:: Task objective ::
Go through the records and extract every line with the word "IsRelative".

:: Information provided ::

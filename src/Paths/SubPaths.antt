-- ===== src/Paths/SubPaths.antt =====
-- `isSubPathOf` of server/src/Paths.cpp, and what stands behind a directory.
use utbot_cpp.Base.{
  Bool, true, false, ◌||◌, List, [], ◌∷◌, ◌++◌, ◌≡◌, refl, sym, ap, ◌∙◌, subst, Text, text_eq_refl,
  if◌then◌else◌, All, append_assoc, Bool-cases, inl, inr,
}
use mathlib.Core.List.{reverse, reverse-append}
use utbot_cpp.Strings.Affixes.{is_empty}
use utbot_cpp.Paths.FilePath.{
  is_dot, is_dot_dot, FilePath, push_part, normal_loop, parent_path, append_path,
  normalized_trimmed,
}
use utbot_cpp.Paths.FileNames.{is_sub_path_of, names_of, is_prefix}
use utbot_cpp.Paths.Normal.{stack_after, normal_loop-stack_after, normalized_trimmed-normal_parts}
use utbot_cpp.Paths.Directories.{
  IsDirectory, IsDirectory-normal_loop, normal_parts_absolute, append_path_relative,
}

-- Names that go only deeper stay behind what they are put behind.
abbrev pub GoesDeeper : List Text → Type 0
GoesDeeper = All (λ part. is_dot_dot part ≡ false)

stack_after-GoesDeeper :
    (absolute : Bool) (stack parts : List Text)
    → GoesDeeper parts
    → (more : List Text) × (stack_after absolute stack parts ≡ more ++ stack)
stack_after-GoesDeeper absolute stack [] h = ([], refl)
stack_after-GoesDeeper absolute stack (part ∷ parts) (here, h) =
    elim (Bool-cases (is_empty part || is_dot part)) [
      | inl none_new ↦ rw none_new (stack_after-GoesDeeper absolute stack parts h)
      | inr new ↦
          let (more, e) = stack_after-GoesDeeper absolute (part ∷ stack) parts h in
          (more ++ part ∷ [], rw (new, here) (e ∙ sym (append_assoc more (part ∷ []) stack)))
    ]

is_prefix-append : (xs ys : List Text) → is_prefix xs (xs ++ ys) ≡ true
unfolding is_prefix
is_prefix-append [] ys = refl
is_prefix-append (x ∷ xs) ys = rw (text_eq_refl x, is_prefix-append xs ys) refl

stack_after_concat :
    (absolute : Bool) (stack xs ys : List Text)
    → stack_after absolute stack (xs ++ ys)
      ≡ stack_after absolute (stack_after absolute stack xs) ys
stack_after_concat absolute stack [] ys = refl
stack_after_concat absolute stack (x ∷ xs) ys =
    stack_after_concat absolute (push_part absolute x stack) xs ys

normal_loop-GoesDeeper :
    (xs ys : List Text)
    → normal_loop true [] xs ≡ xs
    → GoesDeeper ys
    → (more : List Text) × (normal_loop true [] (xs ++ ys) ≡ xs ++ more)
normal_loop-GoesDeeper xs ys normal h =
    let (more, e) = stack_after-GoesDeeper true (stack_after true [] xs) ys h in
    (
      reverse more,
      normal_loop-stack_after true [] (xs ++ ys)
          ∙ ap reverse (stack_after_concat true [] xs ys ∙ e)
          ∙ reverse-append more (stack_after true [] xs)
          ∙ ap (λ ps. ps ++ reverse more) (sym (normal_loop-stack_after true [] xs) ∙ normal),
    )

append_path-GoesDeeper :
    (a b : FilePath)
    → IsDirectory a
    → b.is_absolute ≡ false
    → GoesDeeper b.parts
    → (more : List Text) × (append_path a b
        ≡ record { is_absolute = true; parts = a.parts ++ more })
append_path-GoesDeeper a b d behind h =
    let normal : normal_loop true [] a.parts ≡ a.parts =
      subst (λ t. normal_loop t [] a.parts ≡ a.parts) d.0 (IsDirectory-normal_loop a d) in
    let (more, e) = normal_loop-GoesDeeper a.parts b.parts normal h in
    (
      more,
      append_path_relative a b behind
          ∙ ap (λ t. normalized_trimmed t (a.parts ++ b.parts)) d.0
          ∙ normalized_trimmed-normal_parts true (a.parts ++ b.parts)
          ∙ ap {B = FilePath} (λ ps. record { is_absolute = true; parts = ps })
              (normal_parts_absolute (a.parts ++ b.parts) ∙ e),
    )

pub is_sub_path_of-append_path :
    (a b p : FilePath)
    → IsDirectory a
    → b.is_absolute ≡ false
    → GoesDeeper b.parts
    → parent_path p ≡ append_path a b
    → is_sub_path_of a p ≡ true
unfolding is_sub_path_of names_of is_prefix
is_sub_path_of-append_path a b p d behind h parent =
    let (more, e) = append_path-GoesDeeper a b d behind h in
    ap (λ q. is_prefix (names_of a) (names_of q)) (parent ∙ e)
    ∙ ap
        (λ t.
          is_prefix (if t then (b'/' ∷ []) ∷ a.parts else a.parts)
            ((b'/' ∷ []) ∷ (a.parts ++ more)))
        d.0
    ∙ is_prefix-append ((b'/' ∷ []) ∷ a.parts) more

--

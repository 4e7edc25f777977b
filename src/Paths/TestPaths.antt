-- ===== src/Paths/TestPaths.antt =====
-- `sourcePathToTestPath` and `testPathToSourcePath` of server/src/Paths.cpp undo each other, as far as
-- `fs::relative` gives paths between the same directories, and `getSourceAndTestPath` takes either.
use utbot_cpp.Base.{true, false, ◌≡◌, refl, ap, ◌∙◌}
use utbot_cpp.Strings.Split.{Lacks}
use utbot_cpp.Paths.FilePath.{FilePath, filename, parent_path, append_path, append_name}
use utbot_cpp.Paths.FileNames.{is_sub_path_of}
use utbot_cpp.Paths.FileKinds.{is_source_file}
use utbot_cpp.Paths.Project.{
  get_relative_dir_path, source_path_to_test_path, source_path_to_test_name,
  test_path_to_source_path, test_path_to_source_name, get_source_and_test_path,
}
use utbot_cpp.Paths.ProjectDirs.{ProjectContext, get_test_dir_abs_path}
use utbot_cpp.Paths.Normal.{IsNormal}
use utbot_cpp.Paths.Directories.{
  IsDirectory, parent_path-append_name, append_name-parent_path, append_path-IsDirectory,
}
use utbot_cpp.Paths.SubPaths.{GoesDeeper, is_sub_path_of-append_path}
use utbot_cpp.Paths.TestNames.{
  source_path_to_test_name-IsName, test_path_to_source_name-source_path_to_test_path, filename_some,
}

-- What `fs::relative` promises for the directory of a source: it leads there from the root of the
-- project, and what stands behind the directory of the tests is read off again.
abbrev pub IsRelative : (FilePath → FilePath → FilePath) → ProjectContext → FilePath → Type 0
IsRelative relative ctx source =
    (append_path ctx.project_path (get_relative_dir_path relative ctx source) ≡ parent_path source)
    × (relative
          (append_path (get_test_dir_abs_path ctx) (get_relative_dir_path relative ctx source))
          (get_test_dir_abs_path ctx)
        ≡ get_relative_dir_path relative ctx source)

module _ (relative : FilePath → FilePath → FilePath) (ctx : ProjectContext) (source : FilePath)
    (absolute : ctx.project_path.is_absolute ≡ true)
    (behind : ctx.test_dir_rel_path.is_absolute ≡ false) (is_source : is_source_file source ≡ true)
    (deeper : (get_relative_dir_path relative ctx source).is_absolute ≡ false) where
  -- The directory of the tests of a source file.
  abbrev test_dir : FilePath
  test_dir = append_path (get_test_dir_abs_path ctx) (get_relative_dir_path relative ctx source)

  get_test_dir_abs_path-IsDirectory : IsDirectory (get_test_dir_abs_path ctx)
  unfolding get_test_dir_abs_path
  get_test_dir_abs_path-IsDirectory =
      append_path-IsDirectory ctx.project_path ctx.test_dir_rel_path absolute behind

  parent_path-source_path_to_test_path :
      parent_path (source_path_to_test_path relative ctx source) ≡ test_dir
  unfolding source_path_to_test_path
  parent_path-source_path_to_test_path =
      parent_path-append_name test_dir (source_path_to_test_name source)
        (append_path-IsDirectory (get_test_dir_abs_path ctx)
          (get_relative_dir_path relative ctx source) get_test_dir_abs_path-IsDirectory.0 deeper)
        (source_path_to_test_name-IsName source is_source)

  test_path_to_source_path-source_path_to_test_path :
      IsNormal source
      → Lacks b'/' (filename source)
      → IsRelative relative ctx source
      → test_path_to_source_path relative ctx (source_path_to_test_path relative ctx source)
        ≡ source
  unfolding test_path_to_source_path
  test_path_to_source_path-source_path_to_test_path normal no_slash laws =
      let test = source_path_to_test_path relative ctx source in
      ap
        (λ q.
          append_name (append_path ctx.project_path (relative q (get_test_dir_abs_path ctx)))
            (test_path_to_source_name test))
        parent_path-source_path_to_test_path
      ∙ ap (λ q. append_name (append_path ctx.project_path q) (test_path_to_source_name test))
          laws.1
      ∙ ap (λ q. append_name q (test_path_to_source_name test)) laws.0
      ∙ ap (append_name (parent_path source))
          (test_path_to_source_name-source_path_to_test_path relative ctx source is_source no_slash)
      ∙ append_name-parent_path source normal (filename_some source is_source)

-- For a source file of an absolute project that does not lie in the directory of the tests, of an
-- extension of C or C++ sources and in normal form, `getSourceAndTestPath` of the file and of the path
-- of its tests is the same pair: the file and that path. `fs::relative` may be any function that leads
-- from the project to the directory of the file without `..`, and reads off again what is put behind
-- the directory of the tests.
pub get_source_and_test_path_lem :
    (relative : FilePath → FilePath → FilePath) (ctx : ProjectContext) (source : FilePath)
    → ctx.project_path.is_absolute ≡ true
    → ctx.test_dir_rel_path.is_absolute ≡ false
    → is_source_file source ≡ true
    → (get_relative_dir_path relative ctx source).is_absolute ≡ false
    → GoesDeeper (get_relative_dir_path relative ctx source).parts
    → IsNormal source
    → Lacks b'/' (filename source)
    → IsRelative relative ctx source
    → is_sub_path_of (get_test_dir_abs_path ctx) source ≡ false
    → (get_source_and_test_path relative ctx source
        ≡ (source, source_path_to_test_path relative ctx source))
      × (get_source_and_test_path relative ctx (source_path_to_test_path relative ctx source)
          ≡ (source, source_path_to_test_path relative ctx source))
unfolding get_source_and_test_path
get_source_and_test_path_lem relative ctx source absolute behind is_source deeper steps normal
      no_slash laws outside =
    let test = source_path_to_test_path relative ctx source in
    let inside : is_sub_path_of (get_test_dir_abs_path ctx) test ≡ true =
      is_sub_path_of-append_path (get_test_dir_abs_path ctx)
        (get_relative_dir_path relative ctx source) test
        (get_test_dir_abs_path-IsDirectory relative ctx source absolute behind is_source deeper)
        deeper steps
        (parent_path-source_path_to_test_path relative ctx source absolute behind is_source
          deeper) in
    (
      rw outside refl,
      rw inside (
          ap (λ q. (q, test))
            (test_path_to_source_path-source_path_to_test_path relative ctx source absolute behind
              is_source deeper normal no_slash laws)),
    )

:: Task answer ::
abbrev pub IsRelative : (FilePath → FilePath → FilePath) → ProjectContext → FilePath → Type 0
IsRelative relative ctx source =
      → IsRelative relative ctx source
    → IsRelative relative ctx source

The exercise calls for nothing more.